La cata es la apreciación por los sentidos de las cualidades del vino para así poder conocerlo y enjuiciarlo.
Los sentidos utilizados en la cata son la vista, el olfato, el gusto y el tacto.
Es sin duda el sentido más importante de la cata, en el que la memoria más se pone a prueba. El vino nos recordará aromas y olores que a menudo nos resultarán familiares. La dificultad reside en saberlos describir. Para ello recomendamos emplear el vocabulario que a cada unos más le sea familiar (toffee, pan tostado, tinta china, tabaco, regaliz..), ya que de esta forma la tertulia será más animada e instructiva. Cuantas más analogía utilicemos, mejor.
Los aromas del vino también pueden proporcionarnos informaciones sobre la variedad dela uva, el método de elaboración o crianza, la edad y su evolución.
Los grandes vinos se caracterizan por su complejidad e intensidad aromática. Cuantos más aromas ofrezca el vino (variedad), de distintas familias de aromas, con intensidad y claridad, apareciendo y superponiéndose, evolucionando en multitud de matices durante la cata, más grande será el vino. Ésta es la complejidad de un gran vino.
Un vino "simple" ofrecerá pocos aromas, de poca intensidad y escasa perdurabilidad y evolución en el tiempo. Los aromas siempre serán positivos, mientras que los olores siempre serán negativos y se reconocen fácilmente.
Para facilitar la labor, los aromas suelen enmarcarse en tipo (tres) y en familias
TIPO PRIMARIO
Son los que preceden de la uva y son específicos de cada variedad de vid. Su intensidad dependerá de la variedad y del estado de madurez de la una cuando se vendimió. Estos aromas se perciben en un primer momento, nada más servir el vino y antes de agitas la copa. También se llamar aromas varietales (uvas).
Por ejemplo y de forma muy general, la Tempranillo se distingue por sus aromas a frutos rojos y negros y a veces florales (violetas). La Garnacha, depende del tipo de suelo pero en general ofrece aromas especiados, pimiento, regaliz. La Monastrell ofrece aromas de frutas maduras, compotados y pasificados (higos y ciruelas). Por último, la Cabernet Sauvignon se distingue por sus aromas vegetales (pimiento).
TIPO SECUNDARIO
Suelen tener un carácter químico y provienen de las múltiples sustancias formadas durante la fermentación alcohólica y maloláctica. Su concentración depende de tres factores: a) De la uva b) De las levaduras empleadas (cepas aromáticas) c) De las condiciones de fermentación (temperatura, aireación...).

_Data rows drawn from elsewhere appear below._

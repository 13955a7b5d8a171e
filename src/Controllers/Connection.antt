-- ===== src/Controllers/Connection.antt =====
-- controllers/internetworkdomainconnection_controller.go
pub mod Safety
pub mod Frame
pub mod Calls
pub mod Interleaved
use awi_catalyst_sdwan_opera.Base.{String, Bool, true, false, not, Option, none, some}
use awi_catalyst_sdwan_opera.Exec.{Exec}
use awi_catalyst_sdwan_opera.Api.{InterNetworkDomainConnection}
use awi_catalyst_sdwan_opera.Kube.{NamespacedName, Client, Util}
use awi_catalyst_sdwan_opera.Awi.{AwiGrpcClient, connection_request, disconnect_request}
use awi_catalyst_sdwan_opera.Controllers.{ReconcileResult, Controller}
use awi_catalyst_sdwan_opera.Controllers

abbrev pub my_finalizer_name : String
my_finalizer_name = "internetworkdomainconnection.awi.app-net-interface.io/finalizer"

module _ {W : Type 0} (client : Client W InterNetworkDomainConnection)
    (util : Util InterNetworkDomainConnection) (awi : AwiGrpcClient W) where
  unfoldable pub remove_connection : InterNetworkDomainConnection → Exec W (Unit {0})
  unfolding disconnect_request
  remove_connection conn = disconnect_request awi (some conn.spec)

  unfoldable pub reconcile : NamespacedName → Exec W ReconcileResult
  unfolding Controllers.reconcile remove_connection connection_request
  reconcile =
      Controllers.reconcile client util my_finalizer_name remove_connection
        (λ conn. connection_request awi (some conn.spec))

  -- `predicate.Funcs` of `SetupWithManager`
  unfoldable pub update_func : InterNetworkDomainConnection → Bool
  update_func object_new = not (util.deletion_timestamp_is_zero object_new)

  unfoldable pub delete_func : InterNetworkDomainConnection → Bool
  delete_func object = false

  -- `complete` is the builder of controller-runtime, with `For` at the kind.
  unfoldable pub setup_with_manager :
      {M : Type 0}
      → (M → Controller W InterNetworkDomainConnection → Exec W (Unit {0}))
      → M
      → Exec W (Unit {0})
  unfolding reconcile update_func delete_func
  setup_with_manager complete mgr =
      complete mgr
        (record { reconcile = reconcile; update_func = update_func; delete_func = delete_func })
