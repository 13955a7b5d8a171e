-- ===== src/Controllers/Connection/Safety.antt =====
-- The connection controller against what it relies on of AWI.
use awi_catalyst_sdwan_opera.Base.{String, ◌≡◌, true, false, some, ◌⊎◌}
use awi_catalyst_sdwan_opera.Exec.{Exec, ok, errorf, map_err-eq-ok}
use awi_catalyst_sdwan_opera.Pb
use awi_catalyst_sdwan_opera.Api.{InterNetworkDomainConnection}
use awi_catalyst_sdwan_opera.Kube.{NamespacedName, Client, Util}
use awi_catalyst_sdwan_opera.Awi.{AwiGrpcClient, get_connection_id, connection_request}
use awi_catalyst_sdwan_opera.Controllers.Protocol.{View, IsStore, IsUtil, IsPeer, NoLeak}
use awi_catalyst_sdwan_opera.Controllers.Lifecycle.{Reach, Reach-NoLeak}
use awi_catalyst_sdwan_opera.Controllers.Connection.{my_finalizer_name, remove_connection}

-- The ID under which the client expects the connection of an object.
abbrev pub id_of : InterNetworkDomainConnection → String
id_of conn = get_connection_id conn.spec

abbrev pub key_of : InterNetworkDomainConnection → NamespacedName
key_of conn = record { namespace = conn.metadata.namespace; name = conn.metadata.name }

module _ {W : Type 0} (view : View W InterNetworkDomainConnection String)
    (awi : AwiGrpcClient W) where
  open view use {stored, connected}
  open awi use {connection_controller_client}

  -- AWI names a connection by its source and destination as the client does, and its calls touch no
  -- stored object.
  pub record IsAwi : Type 0 where
    pub connect_stored :
        (w : W) (spec : Pb.ConnectionRequest) (k : NamespacedName)
        → stored (connection_controller_client.connect spec w).1 k ≡ stored w k
    pub connect_connected :
        (w : W) (spec : Pb.ConnectionRequest) (id : String)
        → connected (connection_controller_client.connect spec w).1 id ≡ true
        → (connected w id ≡ true) ⊎ (id ≡ get_connection_id spec)
    pub connect_ok :
        (w v : W) (spec : Pb.ConnectionRequest)
        → connection_controller_client.connect spec w ≡ (ok tt, v)
        → connected v (get_connection_id spec) ≡ true
    pub disconnect_stored :
        (w : W) (id : String) (k : NamespacedName)
        → stored (connection_controller_client.disconnect id w).1 k ≡ stored w k
    pub disconnect_connected :
        (w : W) (id j : String)
        → connected (connection_controller_client.disconnect id w).1 j ≡ true
        → connected w j ≡ true
    pub disconnect_ok :
        (w v : W) (id : String)
        → connection_controller_client.disconnect id w ≡ (ok tt, v)
        → connected v id ≡ false

-- What `Reconcile` calls for an object that is not being deleted.
abbrev pub request_connection :
    {W : Type 0} → AwiGrpcClient W → InterNetworkDomainConnection → Exec W (Unit {0})
request_connection awi conn = connection_request awi (some conn.spec)

module _ {W : Type 0} (view : View W InterNetworkDomainConnection String)
    (client : Client W InterNetworkDomainConnection) (util : Util InterNetworkDomainConnection)
    (awi : AwiGrpcClient W) (store : IsStore view client util my_finalizer_name id_of key_of)
    (utils : IsUtil view client util my_finalizer_name id_of key_of) (laws : IsAwi view awi) where
  open view use {stored, connected}

  pub connection-IsPeer :
      IsPeer view client util my_finalizer_name id_of key_of
        (remove_connection client util awi)
        (request_connection awi)
  unfolding remove_connection connection_request
  connection-IsPeer = record {
    request_stored = λ w x k. laws.connect_stored w x.spec k;
    request_connected = λ w x id c. laws.connect_connected w x.spec id c;
    request_ok = λ w v x h. laws.connect_ok w v x.spec (
        map_err-eq-ok (errorf "error recevived from connection request: %v")
          (awi.connection_controller_client.connect x.spec) w h);
    remove_stored = λ w x k. laws.disconnect_stored w (id_of x) k;
    remove_connected = λ w x id c. laws.disconnect_connected w (id_of x) id c;
    remove_ok = λ w v x h. laws.disconnect_ok w v (id_of x) (
        map_err-eq-ok (errorf "error recevived from disconnection request: %v")
          (awi.connection_controller_client.disconnect (id_of x)) w h);
  }

  -- From a world in which every connection of AWI has a stored object of its ID that holds the
  -- finalizer, runs of `Reconcile`, whichever of their calls fail, and creations and deletions by the
  -- users lead to such worlds only. An edit of a spec is none of these steps.
  pub connections_never_leak :
      {w v : W}
      → Reach view client util my_finalizer_name id_of
          (remove_connection client util awi)
          (request_connection awi)
          w
          v
      → NoLeak view client util my_finalizer_name id_of key_of w
      → NoLeak view client util my_finalizer_name id_of key_of v
  connections_never_leak =
      Reach-NoLeak view client util my_finalizer_name id_of key_of
        (remove_connection client util awi) (request_connection awi) store utils connection-IsPeer
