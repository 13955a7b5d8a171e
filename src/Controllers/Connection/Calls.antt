-- ===== src/Controllers/Connection/Calls.antt =====
-- The removal of a connection is one call, for an ID that the client computes.
use awi_catalyst_sdwan_opera.Base.{String, ◌≡◌, refl}
use awi_catalyst_sdwan_opera.Exec.{map_err, errorf, map_err-eq-ok}
use awi_catalyst_sdwan_opera.Api.{InterNetworkDomainConnection}
use awi_catalyst_sdwan_opera.Kube.{Client, Util}
use awi_catalyst_sdwan_opera.Awi.{AwiGrpcClient, get_connection_id, disconnect_request}
use awi_catalyst_sdwan_opera.Controllers.Protocol.{View, IsStore, IsUtil}
use awi_catalyst_sdwan_opera.Controllers.Removal.{known, Removal, carry_out, perform, IsPartner}
use awi_catalyst_sdwan_opera.Controllers.Connection.{my_finalizer_name, remove_connection}
use awi_catalyst_sdwan_opera.Controllers.Connection.Safety.{
  id_of, key_of, IsAwi, request_connection, connection-IsPeer,
}

-- `removeConnection`, call by call
abbrev pub removal : {W : Type 0} → AwiGrpcClient W → Removal W InterNetworkDomainConnection
removal awi = record {
  plan = λ conn. known (get_connection_id conn.spec);
  tear = λ id.
      map_err (errorf "error recevived from disconnection request: %v")
        (awi.connection_controller_client.disconnect id);
}

module _ {W : Type 0} (client : Client W InterNetworkDomainConnection)
    (util : Util InterNetworkDomainConnection) (awi : AwiGrpcClient W) where
  -- The calls of the removal in a row are `removeConnection`.
  pub removal-performs :
      (conn : InterNetworkDomainConnection) (w : W)
      → perform (removal awi) conn w ≡ remove_connection client util awi conn w
  unfolding carry_out remove_connection disconnect_request
  removal-performs conn w = refl

module _ {W : Type 0} (view : View W InterNetworkDomainConnection String)
    (client : Client W InterNetworkDomainConnection) (util : Util InterNetworkDomainConnection)
    (awi : AwiGrpcClient W) (store : IsStore view client util my_finalizer_name id_of key_of)
    (utils : IsUtil view client util my_finalizer_name id_of key_of) (laws : IsAwi view awi) where
  pub connection-IsPartner : IsPartner view id_of (removal awi) (request_connection awi)
  connection-IsPartner =
      let peer = connection-IsPeer view client util awi store utils laws in
      record {
        request_stored = peer.request_stored;
        request_connected = peer.request_connected;
        search_stored = λ w x m k planned. cc planned;
        search_connected = λ w x m id planned. cc planned;
        search_none = λ w v x m number planned found empty. cc planned;
        tear_stored = λ w number k. laws.disconnect_stored w number k;
        tear_connected = λ w number id c. laws.disconnect_connected w number id c;
        tear_known = λ w v x number planned torn. laws.disconnect_ok w v (id_of x) (
            map_err-eq-ok (errorf "error recevived from disconnection request: %v")
              (awi.connection_controller_client.disconnect (id_of x)) w (cc (planned, torn)));
        tear_found = λ w v w' v' x m number planned found given torn. cc planned;
      }
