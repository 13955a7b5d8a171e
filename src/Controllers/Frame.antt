-- ===== src/Controllers/Frame.antt =====
-- What a run of `Reconcile` leaves alone.
use awi_catalyst_sdwan_opera.Base.{String, ◌≡◌, ◌≢◌, refl, ap, ◌∙◌, some, Bool-cases, inl, inr}
use awi_catalyst_sdwan_opera.Exec.{Exec, Result, ok, err, panic, >>=-ind, at_result}
use awi_catalyst_sdwan_opera.Kube.{NamespacedName, Client, Util}
use awi_catalyst_sdwan_opera.Controllers.{
  add_missing_finalizer, finalize, handle, after_get, reconcile,
}
use awi_catalyst_sdwan_opera.Controllers.Protocol.{View, IsStore, IsUtil, IsPeer}
use awi_catalyst_sdwan_opera.Controllers.Leaks.{add_missing_finalizer-Holds, stored_of_get}

module _ {W X I : Type 0} (view : View W X I) (id_of : X → I)
    (remove request : X → Exec W (Unit {0})) where
  open view use {connected}

  -- A request and a removal touch the connection of their object and no other.
  pub record IsFramed : Type 0 where
    pub request_others :
        (w : W) (x : X) (id : I) → id ≢ id_of x → connected (request x w).1 id ≡ connected w id
    pub remove_others :
        (w : W) (x : X) (id : I) → id ≢ id_of x → connected (remove x w).1 id ≡ connected w id

module _ {W X I : Type 0} (view : View W X I) (client : Client W X) (util : Util X)
    (finalizer : String) (id_of : X → I) (key_of : X → NamespacedName)
    (remove request : X → Exec W (Unit {0}))
    (store : IsStore view client util finalizer id_of key_of)
    (utils : IsUtil view client util finalizer id_of key_of)
    (peer : IsPeer view client util finalizer id_of key_of remove request)
    (framed : IsFramed view id_of remove request) (req : NamespacedName) (w : W) (id : I) where
  open view use {stored, connected}

  abbrev Same : W → Type 0
  Same v = connected v id ≡ connected w id

  update-Same : (x : X) (v : W) → Same v → Same (client.update x v).1
  update-Same x v same = store.update_connected v x id ∙ same

  add_missing_finalizer-Same :
      (x : X) (v : W)
      → Same v
      → Same (add_missing_finalizer client util finalizer remove request x v).1
  unfolding add_missing_finalizer
  add_missing_finalizer-Same x v same = elim (Bool-cases (util.contains_finalizer x finalizer)) [
    | inl held ↦ rw (held, add_missing_finalizer) same
    | inr bare ↦
        rw (bare, add_missing_finalizer) (update-Same (util.add_finalizer x finalizer) v same)
  ]

  finalize-Same :
      (x : X) (v : W)
      → id ≢ id_of x
      → Same v
      → Same (finalize client util finalizer remove request x v).1
  unfolding finalize
  finalize-Same x v other same = elim (Bool-cases (util.contains_finalizer x finalizer)) [
    | inl held ↦
        let removed = framed.remove_others v x id other ∙ same in
        rw (held, finalize)
          (>>=-ind Same (remove x) _ v removed (λ _ u e.
            >>=-ind Same (client.update (util.remove_finalizer x finalizer)) _ u
              (update-Same (util.remove_finalizer x finalizer) u
                (at_result Same (remove x) e removed))
              (λ y t e'. at_result Same (client.update (util.remove_finalizer x finalizer)) e' (
                update-Same (util.remove_finalizer x finalizer) u
                  (at_result Same (remove x) e removed)))))
    | inr bare ↦ rw (bare, finalize) same
  ]

  handle-Same :
      (x : X) (v : W)
      → stored v (key_of x) ≡ some x
      → id ≢ id_of x
      → Same v
      → Same (handle client util finalizer remove request x v).1
  unfolding handle
  handle-Same x v read other same = elim (Bool-cases (util.deletion_timestamp_is_zero x)) [
    | inl live ↦
        let registers = add_missing_finalizer client util finalizer remove request x in
        let registered = add_missing_finalizer-Same x v same in
        rw (live, handle)
          (>>=-ind Same registers _ v registered (λ y u e.
            let (_, hy) =
              add_missing_finalizer-Holds view client util finalizer id_of key_of remove request
                store utils peer v u x y read e in
            let requested =
              framed.request_others u y id (λ p. other (p ∙ hy.same_id))
              ∙ at_result Same registers e registered in
            >>=-ind Same (request y) _ u requested
              (λ _ t e'. at_result Same (request y) e' requested)))
    | inr deleted ↦ rw (deleted, handle) (finalize-Same x v other same)
  ]

  after_get-Same :
      (r : Result X) (v : W)
      → client.get req w ≡ (r, v)
      → ((x : X) → r ≡ ok x → id ≢ id_of x)
      → Same v
      → Same (after_get client util finalizer remove request r v).1
  after_get-Same (ok x) v e other same =
      handle-Same x v
        (stored_of_get view client util finalizer id_of key_of remove request store utils peer w v
          req x e)
        (other x refl) same
  after_get-Same (err _) v e other same = same
  after_get-Same panic v e other same = same

  -- `Reconcile` neither makes nor ends a connection but the one that its object, as it is read, stands
  -- for.
  pub reconcile_others :
      ((x : X) (v : W) → client.get req w ≡ (ok x, v) → id ≢ id_of x)
      → connected (reconcile client util finalizer remove request req w).1 id ≡ connected w id
  unfolding reconcile
  reconcile_others other =
      after_get-Same (client.get req w).0 (client.get req w).1 refl
        (λ x e. other x (client.get req w).1 (ap (λ r. (r, (client.get req w).1)) e))
        (store.get_connected w req id)
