-- ===== src/Controllers/Connection/Frame.antt =====
-- The connection controller and the connections of other objects.
use awi_catalyst_sdwan_opera.Base.{String, ◌≡◌, ◌≢◌}
use awi_catalyst_sdwan_opera.Exec.{ok}
use awi_catalyst_sdwan_opera.Pb
use awi_catalyst_sdwan_opera.Api.{InterNetworkDomainConnection}
use awi_catalyst_sdwan_opera.Kube.{NamespacedName, Client, Util}
use awi_catalyst_sdwan_opera.Awi.{
  AwiGrpcClient, get_connection_id, connection_request, disconnect_request,
}
use awi_catalyst_sdwan_opera.Controllers.Protocol.{View, IsStore, IsUtil}
use awi_catalyst_sdwan_opera.Controllers.Frame.{IsFramed, reconcile_others}
use awi_catalyst_sdwan_opera.Controllers.Connection.{
  my_finalizer_name, remove_connection, reconcile,
}
use awi_catalyst_sdwan_opera.Controllers.Connection.Safety.{
  id_of, key_of, IsAwi, request_connection, connection-IsPeer,
}

module _ {W : Type 0} (view : View W InterNetworkDomainConnection String)
    (awi : AwiGrpcClient W) where
  open view use {connected}
  open awi use {connection_controller_client}

  -- AWI keeps its connections apart by their IDs, also where a call fails.
  pub record IsApart : Type 0 where
    pub connect_others :
        (w : W) (spec : Pb.ConnectionRequest) (id : String)
        → id ≢ get_connection_id spec
        → connected (connection_controller_client.connect spec w).1 id ≡ connected w id
    pub disconnect_others :
        (w : W) (ended id : String)
        → id ≢ ended
        → connected (connection_controller_client.disconnect ended w).1 id ≡ connected w id

module _ {W : Type 0} (view : View W InterNetworkDomainConnection String)
    (client : Client W InterNetworkDomainConnection) (util : Util InterNetworkDomainConnection)
    (awi : AwiGrpcClient W) (apart : IsApart view awi) where
  open view use {connected}

  connection-IsFramed :
      IsFramed view id_of (remove_connection client util awi) (request_connection awi)
  unfolding remove_connection disconnect_request connection_request
  connection-IsFramed = record {
    request_others = λ w x id other. apart.connect_others w x.spec id other;
    remove_others = λ w x id other. apart.disconnect_others w (id_of x) id other;
  }

  -- Where AWI names its connections as the client does and keeps them apart by their IDs, `Reconcile`
  -- of the connection controller, however it ends, neither makes nor ends a connection but the one
  -- between the ends of its object's spec, as the object is read.
  pub reconcile_spares :
      IsStore view client util my_finalizer_name id_of key_of
      → IsUtil view client util my_finalizer_name id_of key_of
      → IsAwi view awi
      → (req : NamespacedName) (w : W) (id : String)
      → ((x : InterNetworkDomainConnection) (v : W)
          → client.get req w ≡ (ok x, v)
          → id ≢ get_connection_id x.spec)
      → connected (reconcile client util awi req w).1 id ≡ connected w id
  unfolding reconcile
  reconcile_spares store utils laws req w id other =
      reconcile_others view client util my_finalizer_name id_of key_of
        (remove_connection client util awi) (request_connection awi) store utils
        (connection-IsPeer view client util awi store utils laws) connection-IsFramed req w id other
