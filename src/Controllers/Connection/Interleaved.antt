-- ===== src/Controllers/Connection/Interleaved.antt =====
-- The connection controller with its event filter, call by call beside the rest of the cluster.
use awi_catalyst_sdwan_opera.Base.{String, ◌≡◌, true, false, none, some, ◌⊎◌}
use awi_catalyst_sdwan_opera.Api.{InterNetworkDomainConnection}
use awi_catalyst_sdwan_opera.Kube.{NamespacedName, Client, Util}
use awi_catalyst_sdwan_opera.Awi.{AwiGrpcClient}
use awi_catalyst_sdwan_opera.Controllers.Protocol.{View, IsStore, IsUtil, NoLeak}
use awi_catalyst_sdwan_opera.Controllers.System.{System, Reach}
use awi_catalyst_sdwan_opera.Controllers.System.Safety.{interleaved-NoLeak}
use awi_catalyst_sdwan_opera.Controllers.System.Pending.{Busy, IsPrompt}
use awi_catalyst_sdwan_opera.Controllers.System.Completion.{deletions_complete}
use awi_catalyst_sdwan_opera.Controllers.System.Progress.{IsFree, IsAnswering}
use awi_catalyst_sdwan_opera.Controllers.System.Unblocked.{deletions_unblocked}
use awi_catalyst_sdwan_opera.Controllers.Connection.{my_finalizer_name, update_func, delete_func}
use awi_catalyst_sdwan_opera.Controllers.Connection.Calls.{removal, connection-IsPartner}
use awi_catalyst_sdwan_opera.Controllers.Connection.Safety.{
  id_of, key_of, IsAwi, request_connection,
}

module _ {W : Type 0} (view : View W InterNetworkDomainConnection String)
    (client : Client W InterNetworkDomainConnection) (util : Util InterNetworkDomainConnection)
    (awi : AwiGrpcClient W) where
  open view use {stored}

  abbrev pub Leads :
      System W InterNetworkDomainConnection → System W InterNetworkDomainConnection → Type 0
  Leads =
      Reach view client util my_finalizer_name id_of (removal awi) (request_connection awi)
        (update_func client util awi) (delete_func client util awi)

  -- The filter drops no update of an object under deletion.
  update_func_passes :
      (x : InterNetworkDomainConnection)
      → util.deletion_timestamp_is_zero x ≡ false
      → update_func client util awi x ≡ true
  unfolding update_func
  update_func_passes x deleting = rw deleting

  module _ (store : IsStore view client util my_finalizer_name id_of key_of)
      (utils : IsUtil view client util my_finalizer_name id_of key_of) (laws : IsAwi view awi)
      {s t : System W InterNetworkDomainConnection} (r : Leads s t)
      (idle : (k : NamespacedName) → s.worker k ≡ none)
      (safe : NoLeak view client util my_finalizer_name id_of key_of s.world) where
    -- From a start with no run under way, in which every connection of AWI has a stored object of its
    -- ID that holds the finalizer, this is so in any state that the runs of `Reconcile`, interleaved
    -- call by call, lead to: with calls that fail, restarts, and users that create and delete objects
    -- and change anything in them but the ends and the finalizer.
    pub interleaved_never_leak : NoLeak view client util my_finalizer_name id_of key_of t.world
    interleaved_never_leak =
        interleaved-NoLeak view client util my_finalizer_name id_of key_of (removal awi)
          (request_connection awi) store utils
          (connection-IsPartner view client util awi store utils laws) (update_func client util awi)
          (delete_func client util awi) r idle safe

    -- From a start with no run under way, with every key in the queue, and in which every
    -- connection of AWI has a stored object of its ID that holds the finalizer: in any state that
    -- the interleaved runs of `Reconcile` lead to, a connection object under deletion that holds
    -- the finalizer is not forgotten, though the filter drops most events. Its key waits in the
    -- queue, or a run is under way that will read it, end its connection or take the finalizer
    -- off, or that has failed and is going to be repeated.
    pub interleaved_deletions_complete :
        IsPrompt view client util my_finalizer_name
        → ((k : NamespacedName) → s.queue k ≡ true)
        → (k : NamespacedName) (x : InterNetworkDomainConnection) → stored t.world k ≡ some x
        → util.deletion_timestamp_is_zero x ≡ false
        → util.contains_finalizer x my_finalizer_name ≡ true
        → (t.queue k ≡ true) ⊎ Busy (t.worker k)
    interleaved_deletions_complete prompt queued =
        deletions_complete view client util my_finalizer_name id_of key_of (removal awi)
          (request_connection awi) store utils
          (connection-IsPartner view client util awi store utils laws) prompt
          (update_func client util awi) (delete_func client util awi) update_func_passes r idle
          queued safe

    -- From a start with no run under way, with every key in the queue, and in which every connection of
    -- AWI has a stored object of its ID that holds the finalizer: the interleaved runs of `Reconcile`
    -- get to no state in which the deletion of a connection object is stuck.
    -- Where the servers answer, further steps end in a state in which the object is gone or does not
    -- hold the finalizer.
    pub interleaved_deletions_unblocked :
        IsAnswering view client util my_finalizer_name id_of key_of
          (removal awi)
          (request_connection awi)
        → IsPrompt view client util my_finalizer_name
        → ((k : NamespacedName) → s.queue k ≡ true)
        → (k : NamespacedName) (x : InterNetworkDomainConnection) → stored t.world k ≡ some x
        → util.deletion_timestamp_is_zero x ≡ false
        → util.contains_finalizer x my_finalizer_name ≡ true
        → (v : System W InterNetworkDomainConnection) × Leads t v
          × IsFree util my_finalizer_name (stored v.world k)
    interleaved_deletions_unblocked answering prompt queued k x sx deleting held =
        deletions_unblocked view client util my_finalizer_name id_of key_of (removal awi)
          (request_connection awi) store utils
          (connection-IsPartner view client util awi store utils laws) answering
          (update_func client util awi) (delete_func client util awi) k x deleting held prompt
          update_func_passes r idle queued safe sx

Las levaduras empleadas tienen gran impacto en los aromas de vino y son de gran medida las responsables de la cada vez mayor "uniformidad" de los aromas de los vino. Las levaduras pueden ser naturales o "artificiales". Estas últimas suelen ofrecer aromas contundentes de sobresalen de forma, en general, excesiva sobre el conjunto y a veces con notas demasiado artificiales. La "nariz" de un vino joven será, por lo tanto, una mezcla de aromas primarios y secundarios. Estos aromas se perciben mejor agitando fuertemente la copa que aumente la evaporación.
TIPO TERCIARIO
Los producidos en el desarrollo de la crianza de un vino. Aparecen en la crianza, debido a nuevas sustancias sintetizadas y transformadas durante este proceso. También son el resultado de la evolución de los aromas primarios y secundarios. El bouquet se forma en dos fases: a) La oxidación, en los vinos envejecidos en contacto con el aire (crianza en barrica de madera) y se caracteriza por la presencia de vainilla, tostado, ahumado, café y chocolate. b) La reducción, en los vinos envejecidos sin casi contacto con el aire (crianza en botella). Potencian en el vino elegantes notas de especias, clavo, pimienta y tabaco. También aparecen aromas de ciertas flores como violeta y frutos secos o compotados. Podemos decir que la evolución en botella es la responsable de paso de aromas frutales (más joven) a aromas "criados", tabaco, cedro y especia, así como el desarrollo de aromas de cuero y animales en los vinos más viejos.